- _WHAT IS EXPECTED_:
Starting at the line with "high (ks ++ fs)" and going on through the line with "(hk, IsNumbered-without (suc", reproduce each line in the records below exactly and nothing more.
[Start of Attachment]
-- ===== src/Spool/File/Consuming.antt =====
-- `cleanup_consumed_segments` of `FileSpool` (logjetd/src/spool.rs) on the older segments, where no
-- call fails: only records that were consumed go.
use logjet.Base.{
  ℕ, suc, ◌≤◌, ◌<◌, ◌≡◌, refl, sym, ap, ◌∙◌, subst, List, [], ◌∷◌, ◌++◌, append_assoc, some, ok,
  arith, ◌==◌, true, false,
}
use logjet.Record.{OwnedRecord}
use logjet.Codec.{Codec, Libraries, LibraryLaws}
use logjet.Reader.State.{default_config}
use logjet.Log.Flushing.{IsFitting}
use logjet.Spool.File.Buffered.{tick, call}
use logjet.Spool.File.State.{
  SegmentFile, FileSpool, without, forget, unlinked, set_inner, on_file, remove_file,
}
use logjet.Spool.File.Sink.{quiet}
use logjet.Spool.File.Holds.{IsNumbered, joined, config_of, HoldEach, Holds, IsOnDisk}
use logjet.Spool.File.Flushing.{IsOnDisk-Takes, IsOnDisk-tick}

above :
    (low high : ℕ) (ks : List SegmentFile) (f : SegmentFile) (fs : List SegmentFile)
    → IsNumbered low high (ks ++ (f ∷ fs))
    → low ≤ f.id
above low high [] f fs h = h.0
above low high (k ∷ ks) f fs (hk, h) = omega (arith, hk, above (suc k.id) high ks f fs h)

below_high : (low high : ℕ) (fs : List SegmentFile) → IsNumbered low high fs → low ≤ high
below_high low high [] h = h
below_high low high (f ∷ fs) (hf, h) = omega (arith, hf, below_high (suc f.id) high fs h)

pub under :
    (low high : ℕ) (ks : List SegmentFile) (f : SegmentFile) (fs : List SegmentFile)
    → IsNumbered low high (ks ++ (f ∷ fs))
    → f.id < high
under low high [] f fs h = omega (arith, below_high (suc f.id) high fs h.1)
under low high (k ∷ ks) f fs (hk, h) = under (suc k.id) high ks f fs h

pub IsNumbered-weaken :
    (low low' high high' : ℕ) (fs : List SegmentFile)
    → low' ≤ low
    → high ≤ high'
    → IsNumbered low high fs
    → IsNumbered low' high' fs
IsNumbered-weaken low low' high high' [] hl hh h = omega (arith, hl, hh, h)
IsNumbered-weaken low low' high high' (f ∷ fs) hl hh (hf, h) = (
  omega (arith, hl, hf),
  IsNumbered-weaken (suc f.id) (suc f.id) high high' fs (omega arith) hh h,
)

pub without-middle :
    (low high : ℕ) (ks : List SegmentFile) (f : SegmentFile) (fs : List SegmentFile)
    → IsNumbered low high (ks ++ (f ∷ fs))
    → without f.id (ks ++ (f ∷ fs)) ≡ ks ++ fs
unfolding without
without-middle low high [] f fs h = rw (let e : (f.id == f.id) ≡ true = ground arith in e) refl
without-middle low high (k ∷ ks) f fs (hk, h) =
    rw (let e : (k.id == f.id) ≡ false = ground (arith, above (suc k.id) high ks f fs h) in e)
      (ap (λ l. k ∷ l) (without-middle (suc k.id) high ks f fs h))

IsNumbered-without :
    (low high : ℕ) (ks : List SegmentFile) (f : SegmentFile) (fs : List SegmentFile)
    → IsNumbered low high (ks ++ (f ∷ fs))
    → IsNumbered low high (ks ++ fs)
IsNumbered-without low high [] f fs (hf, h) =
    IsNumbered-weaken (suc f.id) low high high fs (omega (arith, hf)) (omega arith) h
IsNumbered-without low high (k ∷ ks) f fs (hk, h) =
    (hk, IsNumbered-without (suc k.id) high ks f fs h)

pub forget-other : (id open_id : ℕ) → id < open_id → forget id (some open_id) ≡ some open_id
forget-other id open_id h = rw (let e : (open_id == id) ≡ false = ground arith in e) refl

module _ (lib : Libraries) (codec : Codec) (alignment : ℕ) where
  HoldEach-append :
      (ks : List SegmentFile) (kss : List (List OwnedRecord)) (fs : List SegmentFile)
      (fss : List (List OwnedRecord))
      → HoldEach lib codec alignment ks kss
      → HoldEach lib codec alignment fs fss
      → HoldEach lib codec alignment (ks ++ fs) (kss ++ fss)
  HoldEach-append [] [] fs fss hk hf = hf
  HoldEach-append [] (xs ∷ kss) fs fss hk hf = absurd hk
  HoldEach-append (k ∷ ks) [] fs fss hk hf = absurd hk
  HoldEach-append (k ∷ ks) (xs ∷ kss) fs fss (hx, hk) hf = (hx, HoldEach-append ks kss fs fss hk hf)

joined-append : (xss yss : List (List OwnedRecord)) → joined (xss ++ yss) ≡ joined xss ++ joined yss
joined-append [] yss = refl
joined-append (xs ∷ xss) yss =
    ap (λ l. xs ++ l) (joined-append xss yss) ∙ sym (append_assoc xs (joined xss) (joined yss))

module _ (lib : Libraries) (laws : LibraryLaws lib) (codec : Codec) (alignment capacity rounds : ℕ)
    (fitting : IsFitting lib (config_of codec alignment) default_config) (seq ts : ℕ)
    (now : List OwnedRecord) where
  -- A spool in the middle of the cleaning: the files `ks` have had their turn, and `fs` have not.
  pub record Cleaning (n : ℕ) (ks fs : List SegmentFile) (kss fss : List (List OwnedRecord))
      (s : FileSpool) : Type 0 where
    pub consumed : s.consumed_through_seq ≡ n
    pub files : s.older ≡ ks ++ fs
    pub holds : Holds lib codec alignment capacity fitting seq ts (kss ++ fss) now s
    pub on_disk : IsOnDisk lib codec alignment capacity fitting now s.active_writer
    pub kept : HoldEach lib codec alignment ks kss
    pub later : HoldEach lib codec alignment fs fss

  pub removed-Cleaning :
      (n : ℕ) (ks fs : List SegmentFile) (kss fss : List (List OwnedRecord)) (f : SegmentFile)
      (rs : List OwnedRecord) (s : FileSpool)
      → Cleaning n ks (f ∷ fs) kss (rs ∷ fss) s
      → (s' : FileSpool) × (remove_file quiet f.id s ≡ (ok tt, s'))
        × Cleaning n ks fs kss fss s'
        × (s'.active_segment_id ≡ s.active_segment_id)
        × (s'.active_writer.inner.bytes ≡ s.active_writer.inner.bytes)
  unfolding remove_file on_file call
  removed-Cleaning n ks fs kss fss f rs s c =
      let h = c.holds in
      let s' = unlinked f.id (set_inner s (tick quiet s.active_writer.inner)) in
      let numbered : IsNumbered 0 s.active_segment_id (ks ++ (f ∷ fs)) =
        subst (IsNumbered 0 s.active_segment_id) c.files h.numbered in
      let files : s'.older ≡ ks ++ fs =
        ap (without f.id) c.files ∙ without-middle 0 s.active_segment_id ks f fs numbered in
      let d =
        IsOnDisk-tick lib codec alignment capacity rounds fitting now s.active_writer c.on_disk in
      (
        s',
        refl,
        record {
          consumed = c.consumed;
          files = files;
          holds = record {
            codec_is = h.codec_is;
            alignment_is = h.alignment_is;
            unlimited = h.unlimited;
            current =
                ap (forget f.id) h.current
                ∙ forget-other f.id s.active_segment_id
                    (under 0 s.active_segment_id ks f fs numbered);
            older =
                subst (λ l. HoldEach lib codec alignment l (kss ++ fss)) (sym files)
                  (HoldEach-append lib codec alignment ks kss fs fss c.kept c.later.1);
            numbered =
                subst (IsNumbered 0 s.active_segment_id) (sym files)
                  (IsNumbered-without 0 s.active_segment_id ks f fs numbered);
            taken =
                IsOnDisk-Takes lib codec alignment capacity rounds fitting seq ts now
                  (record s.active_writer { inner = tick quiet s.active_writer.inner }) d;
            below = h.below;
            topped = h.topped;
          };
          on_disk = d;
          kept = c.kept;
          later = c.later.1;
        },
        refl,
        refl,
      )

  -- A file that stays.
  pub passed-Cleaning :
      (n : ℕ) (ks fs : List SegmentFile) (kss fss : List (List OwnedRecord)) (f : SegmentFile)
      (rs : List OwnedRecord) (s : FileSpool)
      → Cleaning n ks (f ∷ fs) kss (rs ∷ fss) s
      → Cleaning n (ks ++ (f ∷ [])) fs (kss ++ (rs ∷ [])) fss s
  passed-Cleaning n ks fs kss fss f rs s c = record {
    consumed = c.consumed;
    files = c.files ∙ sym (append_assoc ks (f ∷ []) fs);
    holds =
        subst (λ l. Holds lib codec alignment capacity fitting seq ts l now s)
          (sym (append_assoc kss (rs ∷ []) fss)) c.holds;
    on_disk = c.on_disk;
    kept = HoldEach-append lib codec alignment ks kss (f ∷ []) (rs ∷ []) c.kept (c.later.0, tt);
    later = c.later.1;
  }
[End of Attachment]
- _EXERCISE SOLUTION_:
    → IsNumbered low high (ks ++ fs)
IsNumbered-without low high [] f fs (hf, h) =
    IsNumbered-weaken (suc f.id) low high high fs (omega (arith, hf)) (omega arith) h
IsNumbered-without low high (k ∷ ks) f fs (hk, h) =
    (hk, IsNumbered-without (suc k.id) high ks f fs h)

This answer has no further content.